# Understanding Tron et Berthet (Ideale) Saddle Models



## juvela (Dec 26, 2018)

-----

Came across this blog post explaining the maker's models -

https://www.ebykr.com/ideale-saddles-and-clips/

---

Here are a few catalogue pages and adverts from yesteryear -

1953 -










1969 -





1977 -









Ron Kitching, early 1980's





-----


----------



## bikerbluz (Dec 27, 2018)

Very cool


----------



## PfishB (Dec 27, 2018)

Thanks, haven't come across this site previously.  Bookmarking this one.


----------



## juvela (Dec 27, 2018)

-----

In pondering the T & B models it is wise to remember that the maker had other marques as well.  

Three of these were FRANCEIX, NOREX & BIM.  

Some models were produced across badges such as the Nr. 4 and Nr. 39.

-----


----------



## petritl (Dec 27, 2018)

I have the remains of an Oscar Egg saddle, the chassis is stamped Idéale


----------



## juvela (Dec 27, 2018)

-----

The alloy framed T & B saddles had frames from CEGEDUR, a company which produced alloy fittings for motorcycles, bicycles & other applications.

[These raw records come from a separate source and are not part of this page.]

-- ===== src/Auth/Alarm/Safety.antt =====
-- The alarm state fails safe, and the gate lets no blocked group through.
use mathlib.Core.Path.{subst}
use hassio_access_control.Prelude.{
  ℕ, ◌≤◌, String, ◌≡◌, ◌≢◌, refl, Bool, true, false, Option, none, some, List, [], ◌∷◌, All, Some,
  arith, Option-cases, Bool-cases, inl, inr, ◌⊎◌, eq_iff,
}
use hassio_access_control.Auth.Alarm.{
  AlarmState, AlarmState-discrete, disarmed, unknown, is_disarmed, known_state, Cache, Panels,
  db_error, read, known_states, agree, combine, get_alarm_state, Group, blocks, disarms,
}

-- the cache never holds the permissive state
pub record IsRestrictive (cache : Cache) : Type 0 where
  pub not_disarmed : cache.value ≢ some disarmed

-- Reading the alarm state never puts `disarmed` into the cache.
pub get_alarm_state-IsRestrictive :
    (cache : Cache) (now : ℕ) (has_client : Bool) (panels : Panels)
    → IsRestrictive cache
    → IsRestrictive (get_alarm_state cache now has_client panels).1
unfolding get_alarm_state
get_alarm_state-IsRestrictive cache now has_client panels h = ground arith

-- every panel answered exactly "disarmed"
abbrev pub AllDisarmed : Panels → Type 0
AllDisarmed db_error = ⊥
AllDisarmed (read reads) = All (λ r. r ≡ some "disarmed") reads

known_state-disarmed : (r : Option String) → known_state r ≡ some disarmed → r ≡ some "disarmed"
unfolding known_state
known_state-disarmed none h = cc
known_state-disarmed (some s) h = ground (arith, eq_iff s "disarmed")

combine-cons :
    (s : AlarmState) (states : List AlarmState)
    → combine (s ∷ states) ≡ disarmed
    → (s ≡ disarmed) × (combine states ≡ disarmed)
unfolding combine
combine-cons s states h = ground arith

known_states-cons :
    (r : Option String) (reads : List (Option String)) (states : List AlarmState)
    → known_states (r ∷ reads) ≡ some states
    → (s : AlarmState) × (rest : List AlarmState) × (known_state r ≡ some s)
      × (known_states reads ≡ some rest)
      × (states ≡ s ∷ rest)
unfolding known_states
known_states-cons r reads states h = go (known_state r) (known_states reads) refl refl h
  where
    go :
        (a : Option AlarmState) (b : Option (List AlarmState))
        → known_state r ≡ a
        → known_states reads ≡ b
        → (elim a as (λ x. Option (List AlarmState)) [
          | none ↦ none
          | some s ↦ elim b as (λ x. Option (List AlarmState)) [
            | none ↦ none
            | some rest ↦ some (s ∷ rest)
          ]
        ])
          ≡ some states
        → (s : AlarmState) × (rest : List AlarmState) × (known_state r ≡ some s)
          × (known_states reads ≡ some rest)
          × (states ≡ s ∷ rest)
    go none b p q e = cc
    go (some s) none p q e = cc
    go (some s) (some rest) p q e = (s, rest, p, q, cc)

combine-disarmed :
    (reads : List (Option String)) (states : List AlarmState)
    → known_states reads ≡ some states
    → combine states ≡ disarmed
    → All (λ r. r ≡ some "disarmed") reads
combine-disarmed [] states h d = tt
combine-disarmed (r ∷ reads) states h d =
    let (s, rest, hr, hs, e) = known_states-cons r reads states h in
    let c = combine-cons s rest (rw e at d) in
    (known_state-disarmed r (rw c.0 at hr), combine-disarmed reads rest hs c.1)

-- With a restrictive cache the state is `disarmed` only if the panels were read in this very call
-- and every one of them answered "disarmed".
pub disarmed-AllDisarmed :
    (cache : Cache) (now : ℕ) (has_client : Bool) (panels : Panels)
    → IsRestrictive cache
    → (get_alarm_state cache now has_client panels).0 ≡ disarmed
    → AllDisarmed panels
unfolding get_alarm_state
disarmed-AllDisarmed cache now has_client db_error v h = absurd (ground arith)
disarmed-AllDisarmed cache now has_client (read []) v h = tt
disarmed-AllDisarmed cache now has_client (read (r ∷ reads)) v h =
    elim (Option-cases (known_states (r ∷ reads))) [
      | inl e ↦ absurd (ground arith)
      | inr (states, e) ↦ combine-disarmed (r ∷ reads) states e (ground arith)
    ]

-- every state is disarmed or `s`
abbrev pub OnlyArmed : AlarmState → List AlarmState → Type 0
OnlyArmed s states = All (λ t. (t ≡ disarmed) ⊎ (t ≡ s)) states

agree-OnlyArmed :
    (s : AlarmState) (states : List AlarmState) → agree s states ≡ true → OnlyArmed s states
unfolding agree
agree-OnlyArmed s [] h = tt
agree-OnlyArmed s (t ∷ states) h =
    (ground (arith, AlarmState-discrete s t), agree-OnlyArmed s states (ground arith))

-- The panels' states combine to an armed state other than `unknown` only if it is the state of some
-- panel and the only armed state among them: a mixture of two armed states is never taken for one
-- of them.
pub combine-OnlyArmed :
    (s : AlarmState) (states : List AlarmState)
    → s ≢ disarmed
    → s ≢ unknown
    → combine states ≡ s
    → OnlyArmed s states × Some (λ t. t ≡ s) states
unfolding combine
combine-OnlyArmed s [] hd hu h = absurd (ground (arith, hd, h))
combine-OnlyArmed s (t ∷ states) hd hu h = elim (Bool-cases (is_disarmed t)) [
  | inl off ↦
      let rest = combine-OnlyArmed s states hd hu (ground arith) in
      ((inl (ground arith), rest.0), inr rest.1)
  | inr armed ↦
      let same : (agree t states ≡ true) × (t ≡ s) = ground arith in
      (
        (inr same.1, subst (λ x. OnlyArmed x states) same.1 (agree-OnlyArmed t states same.0)),
        inl same.1,
      )
]

-- any failure to read is restrictive
abbrev pub IsFailure : Bool → Panels → Type 0
IsFailure has_client db_error = Unit
IsFailure has_client (read []) = ⊥
IsFailure has_client (read (r ∷ reads)) = (has_client ≡ false) ⊎ (known_states (r ∷ reads) ≡ none)

-- Without a valid cached state every failure gives `unknown` and leaves the cache as it was: the
-- database raises, panels are configured and there is no client, or a panel's state is not known.
pub failure-unknown :
    (cache : Cache) (now : ℕ) (has_client : Bool) (panels : Panels)
    → cache.expires ≤ now
    → IsFailure has_client panels
    → get_alarm_state cache now has_client panels ≡ (unknown, cache)
unfolding get_alarm_state
failure-unknown cache now has_client db_error e f = ground arith
failure-unknown cache now has_client (read []) e f = absurd f
failure-unknown cache now has_client (read (r ∷ reads)) e f = ground arith

-- A group that blocks the state and does not disarm it denies, if no active group disarms it; and
-- a group that blocks the state never counts as disarming it.
pub blocks-not-disarms :
    (state : AlarmState) (g : Group) → blocks state g ≡ true → disarms state g ≡ false
unfolding blocks disarms
blocks-not-disarms state g h = ground arith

The brand name is an acronym formed of the full company name _Companie Generale Du Duralumin._

Two additional  bicycle products manufactured were pedals and hubs -









Dural frame tubing was also made under the brand name Duralinox -









-----


----------



## dnc1 (Dec 29, 2018)

juvela said:


> -----
> 
> The alloy framed T & B saddles had frames from CEGEDUR, a company which produced alloy fittings for motorcycles, bicycles & other applications.
> 
> ...



Love those pedals, when are they dated to?


----------



## juvela (Dec 29, 2018)

-----

Have no dating information on any of the CEGEDUR products.

If you would wish to explore further suggest visitation upon the francophone fora such as Tonton and veloretrocourse.

https://forum.tontonvelo.com/

http://veloretrocourse.proboards.com/

[registration is required and is free]

For anglophone sources you could vector to bikeforums.net &/or the Classic Rendezvous email list.

Each of these have a number of experts on the cycle products of France.

-----


----------



## eshew (Jan 14, 2019)

I can't find any information on mine... Although I'm guessing miss range touring saddle is pretty much it


----------



## corbettclassics (Jan 15, 2019)

eshew said:


> I can't find any information on mine... Although I'm guessing miss range touring saddle is pretty much it
> 
> View attachment 933336




Sorry but had trouble posting the link.  Here's pics from the site explaining your Ideale No.76 saddle.


----------



## juvela (Jan 15, 2019)

eshew said:


> I can't find any information on mine... Although I'm guessing miss range touring saddle is pretty much it
> 
> View attachment 933336




-----

Thank you for posting your saddle.

The T & B model Nr. 76 is covered in the ebykr article listed above where a launch date of 1955 is given.

Is your saddle pillar an ANPI?

For readers interested in T & B history there is a detailed article here with lots of imagery, including factory interior scenes -

http://histoireduvaldepitres.blogspot.com/2017/12/tron-et-berthet-la-selle-ideale.html

Also ebykr has a second T & B article here :

https://www.ebykr.com/ideale-saddles-behind-leather-curtain/

Vintage bicycle blogger discusses leather saddles, including T & B products, here :

https://restoringvintagebicycles.com/category/saddles/

https://restoringvintagebicycles.com/?s=saddles&submit=Search

Hope this helps a bit.  

-----


----------



## eshew (Jan 15, 2019)

Thanks for the information, I had guessed that the saddle was older than the 1983 Ritchey it came on. Honestly I'm a bit out of my league on old saddles, this is my first leather saddle. 

No idea what ANPI is. The seat post looks to be a plain model with the head kept in place with collar & bolt.


----------



## juvela (Jan 15, 2019)

-----

Thank you for the additional pillar image.

Looks to be consumer modified.  Probably done to get a pillar of the correct diameter for a given application.

ANPI is a Spanish brand which made a copy of the Campagnolo Record saddle pillar.

Some of their pillars are unmarked and some are stamped "ANPI."

Any markings the pillar may have expressed when new are now gone due to the modification.


-----


----------